On October 10, 2000, the debtor filed the pending motion for order of contempt which is presently before this court. In the motion, the debtor states that she filed a state court action in Erie County, New York to collect a child support arrearage owed to her by Mr. Ketelsen, who was represented in that matter by attorney Keith Schulefand. The debtor further states that in response to her child support arrearage claim, Mr. Ketelsen and his attorney alleged that she was liable to Mr. Ketelsen for payments he made on her behalf to GMAC and Consumer Credit Counseling. The debtor asserts that because any such marital obligation was discharged pursuant to 11 U.S.C. § 523(c)(1), the respondents’ attempt to offset the discharged marital obligation against Mr. Ketelsen’s child support obligation violated the discharge injunction of 11 U.S.C. § 524(a). Accordingly, the debtor requests a determination that Messrs. Ket-[210]*210elsen and Schulefand are in contempt of court and an award of damages including attorney’s fees incurred by the debtor in both this contempt action and the state court proceeding.

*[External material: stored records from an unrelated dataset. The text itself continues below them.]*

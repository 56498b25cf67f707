-- ===== src/Files/Directory/Create.antt =====
-- kernel/filesystem/estros-fs.c: a new file or directory in a directory.
use bitloader.Prelude.{
  List, Option, [], get_or, if◌then◌else◌, leb, length, ltb, none, not, some, ℕ, ◌%◌, ◌*◌, ◌++◌,
  ◌+◌, ◌-◌, ◌/◌, ◌==◌, ◌^◌, ◌∷◌,
}
use bitloader.Prelude.Run.{Run, fault, returns, ◌>>=◌}
use bitloader.Prelude.Words.{add32}
use bitloader.Files.{
  Disk, FileSystem, alloc_inode, block_size, harddrive_load_blocks, harddrive_write_blocks,
}
use bitloader.Files.Inodes.{Inode, write_inode}
use bitloader.Files.OpenFile.{Memory, blocks_of, copy_in, with_blocks}
use bitloader.Files.Directory.{directory, entry_size, resolve_inode, resolve_inode_number}

abbrev pub full_path : (path name : List ℕ) → List ℕ
full_path path name = if leb (length path) 1 then path ++ name else path ++ b'/' ∷ name

abbrev word_bytes : ℕ → List ℕ
word_bytes n = n % 256 ∷ n / 256 % 256 ∷ n / 256 ^ 2 % 256 ∷ n / 256 ^ 3 % 256 ∷ []

-- The header and the name.
abbrev pub new_entry : (inode_number : ℕ) → List ℕ → List ℕ
new_entry inode_number name =
    word_bytes inode_number
    ++ word_bytes (entry_size + length name)
    ++ word_bytes (length name)
    ++ name

-- Two blocks: zeros, or what is loaded over them. NULL where the first block is missing.
abbrev pub dir_buffer : Inode → Disk → Option Memory
dir_buffer inode disk =
    let zeros : Memory = λ o. 0 in
    if inode.size == 0
    then some zeros
    else elim (harddrive_load_blocks disk inode.blocks inode.size 2) [
      | none ↦ none
      | some blocks ↦ some (with_blocks blocks zeros)
    ]

-- The entry at the directory's end, and both inodes. The buffer is for the blocks from the size on, but
-- the entry goes to the size itself: behind two blocks that is a fault.
unfoldable pub add_entry :
    (rounds fuel : ℕ) (path name : List ℕ) (type : ℕ)
    → Inode
    → (inode_number : ℕ) → FileSystem
    → Option Memory
    → Run (ℕ × FileSystem)
add_entry rounds fuel path name type inode inode_number fs none = returns (1, fs)
add_entry rounds fuel path name type inode inode_number fs (some buffer) =
    let entry = new_entry inode_number name in
    let filled = copy_in (length entry) inode.size (λ i. get_or entry i 0) buffer in
    let w = harddrive_write_blocks (blocks_of filled 2) inode.blocks inode.size fs in
    let grown : Inode = record inode { size = add32 inode.size (length entry); blocks = w.0 } in
    let empty : Inode = record { type = type; size = 0; blocks = λ k. 0; reserved = 0 } in
    let fs1 = w.1 in
    if ltb (2 * block_size) (inode.size + length entry)
    then fault
    else resolve_inode_number rounds fuel path fs1 >>= λ number.
        let old : ℕ = elim number [ none ↦ 2 ^ 32 - 1 | some n ↦ n ] in
        let disk = write_inode empty inode_number (write_inode grown old fs1.disk) in
        returns (0, record fs1 { disk = disk })

-- 0 for success.
unfoldable pub create_inode :
    (rounds fuel : ℕ) (path name : List ℕ) (type : ℕ) → FileSystem → Run (ℕ × FileSystem)
create_inode rounds fuel path name type fs =
    let (inode_number, fs1) = alloc_inode fs in
    resolve_inode rounds fuel path fs >>= λ inode.
    if not (inode.type == directory)
    then returns (1, fs)
    else resolve_inode rounds fuel (full_path path name) fs >>= λ taken.
        if not (taken.type == 0)
        then returns (1, fs)
        else add_entry rounds fuel path name type inode inode_number fs1 (dir_buffer inode fs1.disk)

Messrs. Ketelsen and Schulefand have filed a response to the debtor’s motion along with a request for summary judgment supported by Mr. Ketelsen’s affidavit and an affirmation from Mr. Schulefand referencing attached copies of the Ketel-sens’ petitions filed in the state court action along with a final order entered by that state court. The debtor has also filed an affidavit with various exhibits in opposition to the summary judgment request. Based upon these affidavits and documents, it appears that the Ketelsens obtained a divorce in the state of New York on May 29, 1997, with each being awarded custody of one child. Pursuant to the terms of Separation Agreement incorporated in the divorce decree, Mr. Ketelsen was ordered to pay child support of $150 per week, since his income was greater than that of the debtor’s. With respect to the parties’ marital debts, the Separation Agreement noted that the parties had worked out a five-year payment schedule with Consumer Credit Counseling Service of Buffalo, Inc., which required monthly payments of $630. The parties agreed that Mr. Ketelsen would contribute $380 a month toward this payment and the debtor $250 a month until the debts were paid in full, with each party to indemnify and hold the other harmless.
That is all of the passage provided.